Il caffè è tra le bevande più consumate del pianeta. A moltissimi conquista il suo aroma o semplicemente il pretesto di consumarne una tazzina per scambiare due chiacchiere. Come tutti sanno, il suo consumo eccessivo si associa spesso a due effetti collaterali: bruciore di stomaco e palpitazioni. Questo perché oltre una certa dose, la caffeina inizia ad esercitare effetti farmacologici intensi. Una nuova revisione scientifica, pubblicata su Nutrients, mette in evidenza gli effetti del caffè sulla digestione e sull’intestino e il suo impatto sugli organi coinvolti nella digestione. La revisione, supportata dall’Institute for Scientific Information on Coffee (ISIC), rileva che il caffè ha un effetto stimolante su alcuni processi digestivi e un possibile effetto protettivo contro i comuni disturbi digestivi come i calcoli biliari e alcune malattie del fegato.
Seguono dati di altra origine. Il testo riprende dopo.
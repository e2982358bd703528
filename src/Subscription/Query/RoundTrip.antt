-- ===== src/Subscription/Query/RoundTrip.antt =====
-- Reading back an encoded query.
use sub_preprocessor.Base.{
  cut-append, ℕ, suc, ◌≤◌, ◌≡◌, refl, sym, ap, ◌∙◌, ◌≢◌, ◌⊎◌, inl, inr, true, false, none, some,
  List, [], ◌∷◌, ◌++◌, map, arith, ltb, if◌then◌else◌, Bytes, beq, beq_iff, has_byte, split, length,
  keep, All,
}
use mathlib.Core.List.{append_assoc, append-nil}
use mathlib.Core.List.{Perm}
use sub_preprocessor.Base.Sort.{
  IsOrder, IsSorted, sort, sort-All, sort-IsSorted, sort-perm, length-sort, keep-sort,
}
use sub_preprocessor.Subscription.Query.{
  QueryPair, QueryList, add, cut_pair, parse_pair, parse_segments, parse, max_query_params, escape,
  encode_pair, encode_pairs, encode, sort_by_key, key_leq, bytes_leq,
}
use sub_preprocessor.Subscription.Query.Escape.{
  IsBytes, IsSeparator, unescape_query-escape, escape-Lacks, has_byte-append,
}

abbrev pub IsBytePair : QueryPair → Type 0
IsBytePair p = IsBytes p.key × IsBytes p.value

split_single : (b : ℕ) (s : Bytes) → has_byte b s ≡ false → split b s ≡ s ∷ []
unfolding split has_byte
split_single b [] h = refl
split_single b (c ∷ cs) h = ground (arith, split_single b cs)

split_first : (b : ℕ) (s t : Bytes) → has_byte b s ≡ false → split b (s ++ b ∷ t) ≡ s ∷ split b t
unfolding split has_byte
split_first b [] t h = ground arith
split_first b (c ∷ cs) t h = ground (arith, split_first b cs t)

encode_pair-Lacks :
    (b : ℕ) (p : QueryPair)
    → (b ≡ b'&') ⊎ (b ≡ b';')
    → IsBytePair p
    → has_byte b (encode_pair p) ≡ false
unfolding encode_pair
encode_pair-Lacks b p h w =
    let sep : IsSeparator b = elim h [ inl e ↦ inl e | inr e ↦ inr (inl e) ] in
    has_byte-append b (escape p.key) (b'=' ∷ escape p.value)
    ∙ rw (escape-Lacks b p.key sep w.0)
        (unfold has_byte in ground (arith, escape-Lacks b p.value sep w.1))

parse_pair-encode_pair : (p : QueryPair) → IsBytePair p → parse_pair (encode_pair p) ≡ some p
unfolding parse_pair
parse_pair-encode_pair p w =
    rw pieces (rw (unescape_query-escape p.key w.0) (rw (unescape_query-escape p.value w.1)))
  where
    pieces : cut_pair (encode_pair p) ≡ (escape p.key, escape p.value)
    pieces =
        unfold cut_pair encode_pair in
        rw (
          cut-append b'=' (escape p.key) (escape p.value)
              (escape-Lacks b'=' p.key (inr (inr refl)) w.0),
          cut_pair,
        )

parse_segments_step :
    (q : QueryList) (s : Bytes) (rest : List Bytes) (p : QueryPair)
    → s ≢ []
    → has_byte b';' s ≡ false
    → parse_pair s ≡ some p
    → parse_segments q (s ∷ rest) ≡ parse_segments (q ++ p ∷ []) rest
unfolding parse_segments add
parse_segments_step q [] rest p ne h e = absurd (ne refl)
parse_segments_step q (c ∷ cs) rest p ne h e = rw h (rw e)

encode_pair-ne_nil : (p : QueryPair) → encode_pair p ≢ []
unfolding encode_pair
encode_pair-ne_nil p = go (escape p.key)
  where
    go : (k : Bytes) → (k ++ b'=' ∷ escape p.value) ≢ []
    go [] e = cc
    go (c ∷ k) e = cc

parse_segments-encode :
    (q ps : QueryList) → All IsBytePair ps → parse_segments q (map encode_pair ps) ≡ some (q ++ ps)
parse_segments-encode q [] w = unfold parse_segments in rw append-nil
parse_segments-encode q (p ∷ ps) w =
    parse_segments_step q (encode_pair p) (map encode_pair ps) p (encode_pair-ne_nil p)
      (encode_pair-Lacks b';' p (inr refl) w.0) (parse_pair-encode_pair p w.0)
    ∙ parse_segments-encode (q ++ p ∷ []) ps w.1
    ∙ ap some (append_assoc q (p ∷ []) ps)

split-encode_pairs :
    (p : QueryPair) (ps : QueryList)
    → All IsBytePair (p ∷ ps)
    → split b'&' (encode_pairs (p ∷ ps)) ≡ map encode_pair (p ∷ ps)
unfolding encode_pairs
split-encode_pairs p [] w =
    split_single b'&' (encode_pair p) (encode_pair-Lacks b'&' p (inl refl) w.0)
split-encode_pairs p (q ∷ rest) w =
    split_first b'&' (encode_pair p) (encode_pairs (q ∷ rest))
      (encode_pair-Lacks b'&' p (inl refl) w.0)
    ∙ ap (λ l. encode_pair p ∷ l) (split-encode_pairs q rest w.1)

length-map-encode : (ps : QueryList) → length (map encode_pair ps) ≡ length ps
length-map-encode [] = refl
length-map-encode (p ∷ ps) = ap suc (length-map-encode ps)

parse-encode_pairs :
    (ps : QueryList)
    → All IsBytePair ps
    → length ps ≤ max_query_params
    → parse [] (encode_pairs ps) ≡ some ps
unfolding parse
parse-encode_pairs [] w h = unfold encode_pairs split parse_segments in refl
parse-encode_pairs (p ∷ ps) w h =
    rw (split-encode_pairs p ps w)
      (fits (length-map-encode (p ∷ ps)) ∙ parse_segments-encode [] (p ∷ ps) w)
  where
    fits :
        length (map encode_pair (p ∷ ps)) ≡ length (p ∷ ps)
        → (if ltb max_query_params (length (map encode_pair (p ∷ ps)))
            then none
            else parse_segments [] (map encode_pair (p ∷ ps)))
          ≡ parse_segments [] (map encode_pair (p ∷ ps))
    fits e = rw e (ground arith)

-- A list of at most 10000 pairs of byte texts, encoded and parsed, is the list sorted by key.
pub parse-encode :
    (q : QueryList)
    → All IsBytePair q
    → length q ≤ max_query_params
    → parse [] (encode q) ≡ some (sort_by_key q)
unfolding encode sort_by_key
parse-encode q w h =
    parse-encode_pairs (sort key_leq q) (sort-All key_leq IsBytePair q w)
      (rw (length-sort key_leq q) h)

bytes_leq-total : (a b : Bytes) → bytes_leq a b ≡ false → bytes_leq b a ≡ true
unfolding bytes_leq
bytes_leq-total [] b h = cc
bytes_leq-total (x ∷ a) [] h = refl
bytes_leq-total (x ∷ a) (y ∷ b) h = ground (arith, bytes_leq-total a b)

bytes_leq_trans :
    (a b c : Bytes) → bytes_leq a b ≡ true → bytes_leq b c ≡ true → bytes_leq a c ≡ true
unfolding bytes_leq
bytes_leq_trans [] b c h k = refl
bytes_leq_trans (x ∷ a) [] c h k = cc
bytes_leq_trans (x ∷ a) (y ∷ b) [] h k = cc
bytes_leq_trans (x ∷ a) (y ∷ b) (z ∷ c) h k = ground (arith, bytes_leq_trans a b c)

key_leq-IsOrder : IsOrder key_leq
key_leq-IsOrder = record {
  total = λ p q h. bytes_leq-total p.key q.key h;
  trans = λ p q r h k. bytes_leq_trans p.key q.key r.key h k;
}

bytes_leq_refl : (a : Bytes) → bytes_leq a a ≡ true
unfolding bytes_leq
bytes_leq_refl [] = refl
bytes_leq_refl (x ∷ a) = ground (arith, bytes_leq_refl a)

-- The encoder orders the pairs by key, moves them only, and keeps the pairs of one key in their
-- order.
pub sort_by_key_lem :
    (q : QueryList) (key : Bytes)
    → IsSorted key_leq (sort_by_key q)
      × Perm (sort_by_key q) q
      × (keep (λ p. beq p.key key) (sort_by_key q) ≡ keep (λ p. beq p.key key) q)
unfolding sort_by_key
sort_by_key_lem q key = (
  sort-IsSorted key_leq key_leq-IsOrder q,
  sort-perm key_leq q,
  keep-sort key_leq (λ (p : QueryPair). beq p.key key)
      (λ a b h k.
        let e : a.key ≡ b.key = (beq_iff a.key key).0 h ∙ sym ((beq_iff b.key key).0 k) in
        rw e (bytes_leq_refl b.key))
      q,
)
La revisione di 194 pubblicazioni di ricerca suggerisce che un consumo moderato di caffè (definito dall’EFSA come 3-5 tazze al giorno) non ha prodotto effetti dannosi sui vari organi del tratto digerente.
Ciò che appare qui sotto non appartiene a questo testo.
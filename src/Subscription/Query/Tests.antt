-- ===== src/Subscription/Query/Tests.antt =====
-- internal/subscription/query.go: runs of the definitions and instances of the theorems.
use sub_preprocessor.Base.{◌≡◌, refl, some, [], ◌∷◌, arith, Bytes, codes, beq, All}
use sub_preprocessor.Subscription.Query.{QueryPair, QueryList, set, get, parse, encode, sort_by_key}
use sub_preprocessor.Base.Sort.{sort}
use sub_preprocessor.Subscription.Query.RoundTrip.{IsBytePair, parse-encode}

abbrev pair : Bytes → Bytes → QueryPair
pair key value = record { key = key; value = value }

abbrev params : QueryList
params =
    pair (codes "sni") (codes "a b")
    ∷ pair (codes "alpn") (codes "h2,x&y")
    ∷ pair (codes "sni") (codes "%")
    ∷ []

encode_run : encode params ≡ codes "alpn=h2%2Cx%26y&sni=a+b&sni=%25"
unfolding encode sort
encode_run = refl

get_run : get (set params (codes "sni") (codes "c")) (codes "sni") ≡ codes "c"
unfolding get set beq
get_run = refl

params-IsBytePair : All IsBytePair params
params-IsBytePair = omega arith

parse-encode_example : parse [] (encode params) ≡ some (sort_by_key params)
parse-encode_example = parse-encode params params-IsBytePair (omega arith)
Due aree di particolare interesse che emergono dalla ricerca sono l’associazione tra caffè e un ridotto rischio di calcoli biliari e l’evidenza che collega il consumo di caffè con un ridotto rischio di pancreatite, sebbene siano ancora necessarie ulteriori ricerche. Nel suo viaggio attraverso il tratto gastrointestinale, il caffè ha tre impatti principali. Innanzitutto, è associato alle secrezioni gastriche, biliari e pancreatiche, tutte necessarie per la digestione degli alimenti. Si è scoperto che il caffè stimola la produzione dell’ormone digestivo gastrina. Senza contare che esso stimola la produzione di acido cloridrico (è la caffeina la principale responsabile), presente nel succo gastrico che aiuta a scomporre il cibo nello stomaco. Il caffè stimola anche la secrezione della colecistochinina (CCK), un ormone che aumenta la produzione della bile, coinvolta anche nella digestione. Una novità importante, non trattata dalle precedenti revisioni scientifiche è che il caffè sembra essere associato a cambiamenti nella composizione del microbiota intestinale.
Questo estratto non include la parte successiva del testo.